Task objective: To complete the exercise, repeat every record exactly as it stands.

Input records:

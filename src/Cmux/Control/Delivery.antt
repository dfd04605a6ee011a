-- ===== src/Cmux/Control/Delivery.antt =====
-- Data frames for a DLCI channel: what `modem_cmux_on_frame` puts in the channel's receive buffer.
use modem_modules.Base.{
  take-take-min, ℕ, ◌≤◌, ◌<◌, ◌≡◌, ◌≢◌, ap, ◌∙◌, true, none, some, List, ◌++◌, arith, ◌>>=◌, length,
  take, get_elem?, min, RingBuf, Crc8,
}
use modem_modules.Cmux.{
  Cmux, Dlci, DlciState, frame_type_uih, read, target, receive_buffer, call, notify_receive_ready,
}
use modem_modules.Cmux.Control.{
  find_dlci, is_open, set_dlci, on_dlci_frame_uih, on_dlci_frame, on_frame,
}

module _ {Rb : Type 0} where
  -- The frame that was received is a data frame for the open channel `d` at position `i`.
  pub record IsFor (c : Cmux Rb) (i : ℕ) (d : Dlci Rb) : Type 0 where
    pub not_control : c.frame.dlci_address ≢ 0
    pub data_frame : c.frame.frame_type ≡ frame_type_uih
    pub found : find_dlci c ≡ some i
    pub there : get_elem? c.dlcis i ≡ some d
    pub is_opened : d.dlci_state ≡ DlciState.opened
    pub in_buffer : c.frame.contents ≡ receive_buffer

module _ {Rb : Type 0} ⦃ring : RingBuf Rb⦄ ⦃crc : Crc8⦄ (c : Cmux Rb) (i : ℕ) (d : Dlci Rb)
    (v : IsFor c i d) where
  abbrev wanted : ℕ
  wanted = min (ring.space d.receive_rb) c.frame.data_len

  -- The channel with `xs` put behind what it holds.
  abbrev pub with_data : List ℕ → Cmux Rb
  with_data xs =
      call (notify_receive_ready i)
        (set_dlci c i (record d { receive_rb = ring.put d.receive_rb xs }))

  uih-IsFor :
      on_dlci_frame_uih c i ≡ (read c.receiver receive_buffer wanted >>= λ xs. some (with_data xs))
  unfolding on_dlci_frame_uih
  uih-IsFor =
      let opened : is_open d.dlci_state ≡ true = ap is_open v.is_opened in
      rw v.there
        (rw opened (ap (λ p. read c.receiver p wanted >>= λ xs. some (with_data xs)) v.in_buffer))

  on_frame-IsFor :
      on_frame c ≡ (read c.receiver receive_buffer wanted >>= λ xs. some (with_data xs))
  unfolding on_frame on_dlci_frame
  on_frame-IsFor =
      let to_channel : on_frame c ≡ on_dlci_frame c = ground (arith, v.not_control) in
      let to_data : on_dlci_frame c ≡ on_dlci_frame_uih c i =
        ground (arith, v.found, v.data_frame) in
      to_channel ∙ to_data ∙ uih-IsFor

  -- A data frame for an open channel puts the frame's data, as many as the channel's receive buffer
  -- has room for, behind what that buffer holds, and tells the channel's pipe; nothing else changes.
  -- The data lie within the receive buffer of the multiplexer.
  pub on_frame_delivers :
      c.frame.data_len ≤ length c.receive_buf
      → (rb : Rb) × (on_frame c
          ≡ some (call (notify_receive_ready i) (set_dlci c i (record d { receive_rb = rb }))))
        × (ring.contents rb
            ≡ ring.contents d.receive_rb
              ++ take (ring.space d.receive_rb) (take c.frame.data_len c.receive_buf))
  unfolding read target
  on_frame_delivers inside =
      let xs = take wanted c.receive_buf in
      let there : read c.receiver receive_buffer wanted ≡ some xs = ground (arith, inside) in
      (
        ring.put d.receive_rb xs,
        on_frame-IsFor ∙ rw there,
        ring.contents-put d.receive_rb xs
            ∙ rw (take-take-min (ring.space d.receive_rb) c.frame.data_len c.receive_buf),
      )

  -- A data frame for an open channel that is longer than the multiplexer's receive buffer makes the
  -- code read behind the end of that buffer, if the channel has room for more than it.
  pub on_frame_reads_outside :
      length c.receive_buf < c.frame.data_len
      → length c.receive_buf < ring.space d.receive_rb
      → on_frame c ≡ none
  unfolding read target
  on_frame_reads_outside longer room = rw on_frame-IsFor (ground arith)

Result of this task:
filename src/Cmux/Control/Delivery.antt
repository dfd04605a6ee011a
-- ===== src/Cmux/Control/Delivery.antt =====
-- Data frames for a DLCI channel: what `modem_cmux_on_frame` puts in the channel's receive buffer.
use modem_modules.Base.{
  take-take-min, ℕ, ◌≤◌, ◌<◌, ◌≡◌, ◌≢◌, ap, ◌∙◌, true, none, some, List, ◌++◌, arith, ◌>>=◌, length,
  take, get_elem?, min, RingBuf, Crc8,
}
use modem_modules.Cmux.{
  Cmux, Dlci, DlciState, frame_type_uih, read, target, receive_buffer, call, notify_receive_ready,
}
use modem_modules.Cmux.Control.{
  find_dlci, is_open, set_dlci, on_dlci_frame_uih, on_dlci_frame, on_frame,
}

module _ {Rb : Type 0} where
  -- The frame that was received is a data frame for the open channel `d` at position `i`.
  pub record IsFor (c : Cmux Rb) (i : ℕ) (d : Dlci Rb) : Type 0 where
    pub not_control : c.frame.dlci_address ≢ 0
    pub data_frame : c.frame.frame_type ≡ frame_type_uih
    pub found : find_dlci c ≡ some i
    pub there : get_elem? c.dlcis i ≡ some d
    pub is_opened : d.dlci_state ≡ DlciState.opened
    pub in_buffer : c.frame.contents ≡ receive_buffer

module _ {Rb : Type 0} ⦃ring : RingBuf Rb⦄ ⦃crc : Crc8⦄ (c : Cmux Rb) (i : ℕ) (d : Dlci Rb)
    (v : IsFor c i d) where
  abbrev wanted : ℕ
  wanted = min (ring.space d.receive_rb) c.frame.data_len

  -- The channel with `xs` put behind what it holds.
  abbrev pub with_data : List ℕ → Cmux Rb
  with_data xs =
      call (notify_receive_ready i)
        (set_dlci c i (record d { receive_rb = ring.put d.receive_rb xs }))

  uih-IsFor :
      on_dlci_frame_uih c i ≡ (read c.receiver receive_buffer wanted >>= λ xs. some (with_data xs))
  unfolding on_dlci_frame_uih
  uih-IsFor =
      let opened : is_open d.dlci_state ≡ true = ap is_open v.is_opened in
      rw v.there
        (rw opened (ap (λ p. read c.receiver p wanted >>= λ xs. some (with_data xs)) v.in_buffer))

  on_frame-IsFor :
      on_frame c ≡ (read c.receiver receive_buffer wanted >>= λ xs. some (with_data xs))
  unfolding on_frame on_dlci_frame
  on_frame-IsFor =
      let to_channel : on_frame c ≡ on_dlci_frame c = ground (arith, v.not_control) in
      let to_data : on_dlci_frame c ≡ on_dlci_frame_uih c i =
        ground (arith, v.found, v.data_frame) in
      to_channel ∙ to_data ∙ uih-IsFor

  -- A data frame for an open channel puts the frame's data, as many as the channel's receive buffer
  -- has room for, behind what that buffer holds, and tells the channel's pipe; nothing else changes.
  -- The data lie within the receive buffer of the multiplexer.
  pub on_frame_delivers :
      c.frame.data_len ≤ length c.receive_buf
      → (rb : Rb) × (on_frame c
          ≡ some (call (notify_receive_ready i) (set_dlci c i (record d { receive_rb = rb }))))
        × (ring.contents rb
            ≡ ring.contents d.receive_rb
              ++ take (ring.space d.receive_rb) (take c.frame.data_len c.receive_buf))
  unfolding read target
  on_frame_delivers inside =
      let xs = take wanted c.receive_buf in
      let there : read c.receiver receive_buffer wanted ≡ some xs = ground (arith, inside) in
      (
        ring.put d.receive_rb xs,
        on_frame-IsFor ∙ rw there,
        ring.contents-put d.receive_rb xs
            ∙ rw (take-take-min (ring.space d.receive_rb) c.frame.data_len c.receive_buf),
      )

  -- A data frame for an open channel that is longer than the multiplexer's receive buffer makes the
  -- code read behind the end of that buffer, if the channel has room for more than it.
  pub on_frame_reads_outside :
      length c.receive_buf < c.frame.data_len
      → length c.receive_buf < ring.space d.receive_rb
      → on_frame c ≡ none
  unfolding read target
  on_frame_reads_outside longer room = rw on_frame-IsFor (ground arith)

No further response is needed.